Extracted entries.
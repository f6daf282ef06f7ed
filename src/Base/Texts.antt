-- ===== src/Base/Texts.antt =====
-- C strings as lists of bytes: comparison, the terminating 0, and decimal printing.
use Prim.Native.Nat.{◌≤◌, ◌<◌, ℕ, zero, suc, ◌+◌, ◌/◌, ◌%◌}
use mathlib.Core.Path.{◌≡◌, refl}
use mathlib.Core.Logic.{◌↔◌}
use mathlib.Core.Bool.{Bool, true, false, ◌&&◌}
use mathlib.Core.List.{[], ◌∷◌, ◌++◌}
use mathlib.Core.Option.{Option, none, some}
use native.Mathlib.Omega.{arith}
use communication_protocols.Base.Tests.{◌==◌, ltb, if◌then◌else◌}
use communication_protocols.Base.Lists.{Bytes, length, All}

-- `memcmp(x, y, n) == 0` on n bytes each, and `strcmp(x, y) == 0`
unfoldable pub same_bytes : Bytes → Bytes → Bool
same_bytes [] [] = true
same_bytes [] (y ∷ ys) = false
same_bytes (x ∷ xs) [] = false
same_bytes (x ∷ xs) (y ∷ ys) = (x == y) && same_bytes xs ys

pub same_bytes-eq : (xs ys : Bytes) → same_bytes xs ys ≡ true → xs ≡ ys
unfolding same_bytes
same_bytes-eq [] [] h = refl
same_bytes-eq [] (y ∷ ys) h = cc
same_bytes-eq (x ∷ xs) [] h = cc
same_bytes-eq (x ∷ xs) (y ∷ ys) h = ground (arith, same_bytes-eq xs ys)

pub same_bytes_refl : (xs : Bytes) → same_bytes xs xs ≡ true
unfolding same_bytes
same_bytes_refl [] = refl
same_bytes_refl (x ∷ xs) = ground (arith, same_bytes_refl xs)

pub same_bytes_iff : (xs ys : Bytes) → (same_bytes xs ys ≡ true) ↔ (xs ≡ ys)
same_bytes_iff xs ys = (same_bytes-eq xs ys, λ e. rw e (same_bytes_refl ys))

-- The text of a block: up to its first 0, and `none` where it has no 0.
unfoldable pub c_string : Bytes → Option Bytes
c_string [] = none
c_string (c ∷ block) = elim (c == 0) [
  | true ↦ some []
  | false ↦ elim (c_string block) [ none ↦ none | some text ↦ some (c ∷ text) ]
]

-- `%lld` and `%d` of a number of up to 20 digits.
unfoldable pub decimal_loop : ℕ → ℕ → Bytes → Bytes
decimal_loop zero n text = text
decimal_loop (suc f) n text = elim (ltb n 10) [
  | true ↦ (48 + n) ∷ text
  | false ↦ decimal_loop f (n / 10) ((48 + n % 10) ∷ text)
]

abbrev pub decimal : ℕ → Bytes
decimal n = decimal_loop 20 n []

-- The text with a final 0 fits in n bytes.
unfoldable pub fits : ℕ → Bytes → Option Bytes
fits n text = if ltb (length text) n then some text else none

pub fits-some : (n : ℕ) (text : Bytes) → length text < n → fits n text ≡ some text
unfolding fits
fits-some n text h = ground arith

pub fits-none : (n : ℕ) (text : Bytes) → n ≤ length text → fits n text ≡ none
unfolding fits
fits-none n text h = ground arith

-- A text without 0, and the block that holds it.
abbrev pub NoZero : Bytes → Type 0
NoZero = All (λ c. 0 < c)

pub c_string-append : (text rest : Bytes) → NoZero text → c_string (text ++ 0 ∷ rest) ≡ some text
unfolding c_string
c_string-append [] rest h = refl
c_string-append (c ∷ text) rest (p, h) =
    let other : (c == 0) ≡ false = ground arith in
    rw (other, c_string) (rw (c_string-append text rest h) refl)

What is required.
Lines with the word "length" in them should be copied from the preceding records.

Exercise answer.
use communication_protocols.Base.Lists.{Bytes, length, All}
fits n text = if ltb (length text) n then some text else none
pub fits-some : (n : ℕ) (text : Bytes) → length text < n → fits n text ≡ some text
pub fits-none : (n : ℕ) (text : Bytes) → n ≤ length text → fits n text ≡ none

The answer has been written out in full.